The answer must be a single number: the count of lines in the listing that hold the string "unfoldable".
----------------------------------------
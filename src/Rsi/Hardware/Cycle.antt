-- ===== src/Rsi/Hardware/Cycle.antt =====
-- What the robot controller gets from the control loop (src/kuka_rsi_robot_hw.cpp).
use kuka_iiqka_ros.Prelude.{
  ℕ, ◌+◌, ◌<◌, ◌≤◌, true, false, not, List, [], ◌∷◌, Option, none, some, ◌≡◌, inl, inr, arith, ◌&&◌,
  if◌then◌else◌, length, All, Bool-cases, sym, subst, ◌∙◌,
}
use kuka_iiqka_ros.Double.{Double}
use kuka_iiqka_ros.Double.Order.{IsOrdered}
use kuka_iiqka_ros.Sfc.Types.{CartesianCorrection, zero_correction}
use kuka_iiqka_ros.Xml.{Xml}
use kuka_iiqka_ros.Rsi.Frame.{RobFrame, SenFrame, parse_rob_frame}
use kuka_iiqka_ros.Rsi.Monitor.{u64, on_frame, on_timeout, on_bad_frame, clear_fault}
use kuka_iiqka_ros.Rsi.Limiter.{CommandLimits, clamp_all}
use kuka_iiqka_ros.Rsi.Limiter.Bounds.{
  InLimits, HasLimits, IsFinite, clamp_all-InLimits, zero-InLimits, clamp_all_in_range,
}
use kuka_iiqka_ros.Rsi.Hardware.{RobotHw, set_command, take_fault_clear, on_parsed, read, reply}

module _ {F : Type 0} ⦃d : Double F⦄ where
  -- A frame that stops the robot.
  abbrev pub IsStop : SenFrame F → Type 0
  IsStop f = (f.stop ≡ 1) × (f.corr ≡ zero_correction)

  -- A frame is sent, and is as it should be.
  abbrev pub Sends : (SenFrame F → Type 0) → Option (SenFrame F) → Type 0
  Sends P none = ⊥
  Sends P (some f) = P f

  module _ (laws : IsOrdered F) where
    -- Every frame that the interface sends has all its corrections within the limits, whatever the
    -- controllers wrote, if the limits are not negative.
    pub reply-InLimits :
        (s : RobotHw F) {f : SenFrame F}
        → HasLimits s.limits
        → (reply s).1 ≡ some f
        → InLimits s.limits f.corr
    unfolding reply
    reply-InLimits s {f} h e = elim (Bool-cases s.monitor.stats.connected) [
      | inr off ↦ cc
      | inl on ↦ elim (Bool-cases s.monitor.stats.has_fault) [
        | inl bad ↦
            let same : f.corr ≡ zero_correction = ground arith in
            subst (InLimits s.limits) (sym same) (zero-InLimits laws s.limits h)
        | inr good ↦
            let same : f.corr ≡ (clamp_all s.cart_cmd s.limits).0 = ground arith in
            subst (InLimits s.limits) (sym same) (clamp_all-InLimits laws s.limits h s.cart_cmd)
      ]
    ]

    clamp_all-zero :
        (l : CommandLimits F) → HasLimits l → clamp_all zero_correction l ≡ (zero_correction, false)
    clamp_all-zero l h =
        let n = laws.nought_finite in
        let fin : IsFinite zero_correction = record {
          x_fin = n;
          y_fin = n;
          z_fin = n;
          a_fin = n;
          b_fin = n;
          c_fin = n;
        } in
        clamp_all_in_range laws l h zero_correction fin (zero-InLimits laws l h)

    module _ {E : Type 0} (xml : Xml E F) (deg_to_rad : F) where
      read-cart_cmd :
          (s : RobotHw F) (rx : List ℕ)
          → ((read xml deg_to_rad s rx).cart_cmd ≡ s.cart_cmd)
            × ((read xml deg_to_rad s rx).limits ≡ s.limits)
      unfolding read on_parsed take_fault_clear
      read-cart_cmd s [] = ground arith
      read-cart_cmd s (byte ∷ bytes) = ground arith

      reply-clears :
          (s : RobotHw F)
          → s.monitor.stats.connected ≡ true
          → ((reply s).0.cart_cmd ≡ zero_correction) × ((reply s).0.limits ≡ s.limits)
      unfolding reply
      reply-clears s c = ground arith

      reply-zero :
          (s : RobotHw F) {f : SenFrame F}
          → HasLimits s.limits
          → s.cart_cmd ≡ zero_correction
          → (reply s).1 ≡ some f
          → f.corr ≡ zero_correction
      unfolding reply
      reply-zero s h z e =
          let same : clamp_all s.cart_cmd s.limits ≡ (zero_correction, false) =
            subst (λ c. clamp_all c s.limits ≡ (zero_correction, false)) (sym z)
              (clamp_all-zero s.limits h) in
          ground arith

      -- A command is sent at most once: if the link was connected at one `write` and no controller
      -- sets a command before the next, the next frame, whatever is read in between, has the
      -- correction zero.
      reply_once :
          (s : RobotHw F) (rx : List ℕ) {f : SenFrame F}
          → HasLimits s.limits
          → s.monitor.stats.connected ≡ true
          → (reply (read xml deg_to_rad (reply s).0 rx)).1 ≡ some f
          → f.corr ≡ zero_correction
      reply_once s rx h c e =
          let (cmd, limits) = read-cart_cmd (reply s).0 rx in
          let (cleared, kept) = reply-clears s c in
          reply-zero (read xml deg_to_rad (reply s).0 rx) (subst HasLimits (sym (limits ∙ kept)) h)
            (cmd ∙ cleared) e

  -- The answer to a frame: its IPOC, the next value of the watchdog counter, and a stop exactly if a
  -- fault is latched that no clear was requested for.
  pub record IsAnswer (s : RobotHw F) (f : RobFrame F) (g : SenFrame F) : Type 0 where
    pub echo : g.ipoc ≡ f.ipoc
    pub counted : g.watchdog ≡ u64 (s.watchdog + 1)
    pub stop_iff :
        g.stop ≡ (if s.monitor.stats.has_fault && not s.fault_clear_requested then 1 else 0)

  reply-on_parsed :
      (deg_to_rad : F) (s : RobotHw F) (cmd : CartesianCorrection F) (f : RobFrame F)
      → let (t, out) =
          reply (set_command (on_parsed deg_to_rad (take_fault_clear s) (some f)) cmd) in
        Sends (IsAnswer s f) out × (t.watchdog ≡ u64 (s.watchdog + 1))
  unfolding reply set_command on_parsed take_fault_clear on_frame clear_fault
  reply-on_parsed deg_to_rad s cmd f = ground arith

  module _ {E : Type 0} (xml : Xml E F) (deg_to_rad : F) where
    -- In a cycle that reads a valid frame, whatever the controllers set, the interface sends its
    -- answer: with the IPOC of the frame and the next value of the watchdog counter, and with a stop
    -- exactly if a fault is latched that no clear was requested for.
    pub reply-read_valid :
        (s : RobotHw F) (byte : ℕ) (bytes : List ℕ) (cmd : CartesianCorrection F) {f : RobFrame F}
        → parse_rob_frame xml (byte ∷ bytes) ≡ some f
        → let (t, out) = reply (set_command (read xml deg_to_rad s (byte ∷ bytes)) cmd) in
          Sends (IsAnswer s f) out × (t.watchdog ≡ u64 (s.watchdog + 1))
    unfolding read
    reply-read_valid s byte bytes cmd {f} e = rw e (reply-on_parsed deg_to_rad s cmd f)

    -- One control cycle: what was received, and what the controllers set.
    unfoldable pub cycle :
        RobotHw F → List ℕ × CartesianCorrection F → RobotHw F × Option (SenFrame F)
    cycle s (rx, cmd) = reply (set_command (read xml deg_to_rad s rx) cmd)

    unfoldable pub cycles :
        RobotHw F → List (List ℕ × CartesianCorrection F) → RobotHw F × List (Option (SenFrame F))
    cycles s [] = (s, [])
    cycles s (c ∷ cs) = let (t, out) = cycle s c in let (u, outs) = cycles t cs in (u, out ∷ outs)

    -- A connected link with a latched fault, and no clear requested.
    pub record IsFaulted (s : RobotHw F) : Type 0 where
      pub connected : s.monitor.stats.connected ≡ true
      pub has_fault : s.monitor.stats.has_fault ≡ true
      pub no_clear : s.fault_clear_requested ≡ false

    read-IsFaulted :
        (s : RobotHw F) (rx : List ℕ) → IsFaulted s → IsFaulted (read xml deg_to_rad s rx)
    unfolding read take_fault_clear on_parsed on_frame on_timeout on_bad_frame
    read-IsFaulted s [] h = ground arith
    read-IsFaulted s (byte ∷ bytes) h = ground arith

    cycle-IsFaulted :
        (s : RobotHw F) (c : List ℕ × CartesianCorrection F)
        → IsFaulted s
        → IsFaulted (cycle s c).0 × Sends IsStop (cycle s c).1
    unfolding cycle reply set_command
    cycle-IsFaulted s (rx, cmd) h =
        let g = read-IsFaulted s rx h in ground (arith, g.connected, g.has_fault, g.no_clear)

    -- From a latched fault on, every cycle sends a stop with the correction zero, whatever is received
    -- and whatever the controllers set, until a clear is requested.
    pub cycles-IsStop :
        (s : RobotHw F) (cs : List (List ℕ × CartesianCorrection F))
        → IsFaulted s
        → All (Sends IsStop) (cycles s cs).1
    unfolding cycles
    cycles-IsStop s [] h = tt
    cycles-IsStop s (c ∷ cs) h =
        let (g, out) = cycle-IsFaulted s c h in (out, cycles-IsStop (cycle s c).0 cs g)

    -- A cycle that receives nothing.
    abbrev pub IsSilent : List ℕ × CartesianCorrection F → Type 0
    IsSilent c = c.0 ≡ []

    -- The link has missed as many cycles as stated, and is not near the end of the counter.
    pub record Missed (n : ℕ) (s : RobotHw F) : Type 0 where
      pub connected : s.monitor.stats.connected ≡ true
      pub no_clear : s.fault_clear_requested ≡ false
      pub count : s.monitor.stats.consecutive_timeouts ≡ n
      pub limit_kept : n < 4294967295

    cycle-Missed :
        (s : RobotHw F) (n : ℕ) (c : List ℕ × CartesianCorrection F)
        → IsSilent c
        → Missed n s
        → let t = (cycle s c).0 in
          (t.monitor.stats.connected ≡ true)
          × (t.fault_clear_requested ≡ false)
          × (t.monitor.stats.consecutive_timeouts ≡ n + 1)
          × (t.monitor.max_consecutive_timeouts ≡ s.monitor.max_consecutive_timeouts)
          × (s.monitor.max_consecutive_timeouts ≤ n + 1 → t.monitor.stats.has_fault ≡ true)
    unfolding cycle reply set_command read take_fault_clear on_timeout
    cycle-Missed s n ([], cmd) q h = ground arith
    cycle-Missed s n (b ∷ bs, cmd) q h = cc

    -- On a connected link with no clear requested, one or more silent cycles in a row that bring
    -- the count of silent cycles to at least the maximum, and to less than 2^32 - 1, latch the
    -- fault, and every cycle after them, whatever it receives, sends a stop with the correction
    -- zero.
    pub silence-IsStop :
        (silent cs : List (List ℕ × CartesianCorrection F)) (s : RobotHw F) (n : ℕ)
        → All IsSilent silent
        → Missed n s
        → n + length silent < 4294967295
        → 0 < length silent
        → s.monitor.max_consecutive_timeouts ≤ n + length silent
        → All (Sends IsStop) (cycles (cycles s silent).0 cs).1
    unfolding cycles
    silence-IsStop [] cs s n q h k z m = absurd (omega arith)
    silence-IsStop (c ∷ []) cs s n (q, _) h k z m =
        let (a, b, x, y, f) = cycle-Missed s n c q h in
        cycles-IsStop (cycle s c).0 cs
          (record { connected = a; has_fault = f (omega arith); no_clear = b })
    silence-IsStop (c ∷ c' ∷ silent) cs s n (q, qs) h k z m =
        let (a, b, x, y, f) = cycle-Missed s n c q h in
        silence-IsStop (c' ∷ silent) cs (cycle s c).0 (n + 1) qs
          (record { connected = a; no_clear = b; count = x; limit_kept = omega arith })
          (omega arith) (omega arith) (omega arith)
----------------------------------------
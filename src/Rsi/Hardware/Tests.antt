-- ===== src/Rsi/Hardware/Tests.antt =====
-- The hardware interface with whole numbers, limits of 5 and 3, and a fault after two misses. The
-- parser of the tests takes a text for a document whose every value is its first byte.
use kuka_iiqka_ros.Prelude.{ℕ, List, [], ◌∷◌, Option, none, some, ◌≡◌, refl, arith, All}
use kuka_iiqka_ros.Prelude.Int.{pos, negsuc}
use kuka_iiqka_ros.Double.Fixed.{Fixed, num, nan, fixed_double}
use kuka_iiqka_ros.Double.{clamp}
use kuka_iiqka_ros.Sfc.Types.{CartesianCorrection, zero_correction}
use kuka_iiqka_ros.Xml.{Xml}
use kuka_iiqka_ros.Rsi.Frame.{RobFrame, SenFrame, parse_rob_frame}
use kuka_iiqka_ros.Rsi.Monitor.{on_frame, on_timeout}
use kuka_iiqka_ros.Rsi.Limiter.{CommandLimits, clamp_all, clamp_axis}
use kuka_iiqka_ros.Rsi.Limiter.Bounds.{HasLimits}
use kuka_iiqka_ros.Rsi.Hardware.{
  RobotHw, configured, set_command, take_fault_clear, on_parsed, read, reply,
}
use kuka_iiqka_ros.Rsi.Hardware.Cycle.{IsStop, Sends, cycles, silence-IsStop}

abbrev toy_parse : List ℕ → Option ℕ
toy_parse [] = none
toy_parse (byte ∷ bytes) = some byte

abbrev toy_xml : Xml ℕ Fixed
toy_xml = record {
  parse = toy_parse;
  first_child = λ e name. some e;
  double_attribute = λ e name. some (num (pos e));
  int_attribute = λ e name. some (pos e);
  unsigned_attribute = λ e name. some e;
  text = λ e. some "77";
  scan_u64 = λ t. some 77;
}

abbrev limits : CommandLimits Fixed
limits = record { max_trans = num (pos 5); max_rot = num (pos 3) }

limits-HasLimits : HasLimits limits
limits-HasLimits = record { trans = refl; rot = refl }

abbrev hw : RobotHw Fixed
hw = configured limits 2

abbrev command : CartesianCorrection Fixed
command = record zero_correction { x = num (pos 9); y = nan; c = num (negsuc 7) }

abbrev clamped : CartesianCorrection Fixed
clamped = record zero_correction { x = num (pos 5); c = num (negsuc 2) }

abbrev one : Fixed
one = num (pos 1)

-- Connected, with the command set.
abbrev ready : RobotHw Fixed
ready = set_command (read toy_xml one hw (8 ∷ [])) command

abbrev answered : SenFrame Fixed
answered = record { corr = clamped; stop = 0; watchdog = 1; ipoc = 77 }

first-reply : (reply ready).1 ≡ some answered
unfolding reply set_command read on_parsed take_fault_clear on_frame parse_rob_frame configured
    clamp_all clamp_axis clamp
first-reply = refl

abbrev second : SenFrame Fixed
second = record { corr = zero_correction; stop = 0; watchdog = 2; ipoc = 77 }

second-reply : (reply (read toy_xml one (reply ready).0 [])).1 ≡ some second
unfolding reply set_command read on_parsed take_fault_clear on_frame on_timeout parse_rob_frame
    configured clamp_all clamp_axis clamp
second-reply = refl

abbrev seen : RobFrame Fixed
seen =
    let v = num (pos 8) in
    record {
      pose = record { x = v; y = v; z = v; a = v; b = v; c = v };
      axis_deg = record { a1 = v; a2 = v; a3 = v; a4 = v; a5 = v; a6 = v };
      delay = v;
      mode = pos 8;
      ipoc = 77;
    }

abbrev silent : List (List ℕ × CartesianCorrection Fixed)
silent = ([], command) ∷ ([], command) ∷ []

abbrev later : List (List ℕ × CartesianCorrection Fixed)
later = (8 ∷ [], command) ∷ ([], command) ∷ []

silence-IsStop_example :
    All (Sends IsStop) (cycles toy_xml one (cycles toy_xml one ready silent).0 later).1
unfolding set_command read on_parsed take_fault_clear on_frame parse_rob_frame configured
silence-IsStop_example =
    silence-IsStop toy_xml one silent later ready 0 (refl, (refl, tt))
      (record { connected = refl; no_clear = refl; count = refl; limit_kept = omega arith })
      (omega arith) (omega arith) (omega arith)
----------------------------------------
[Exercise output]: 2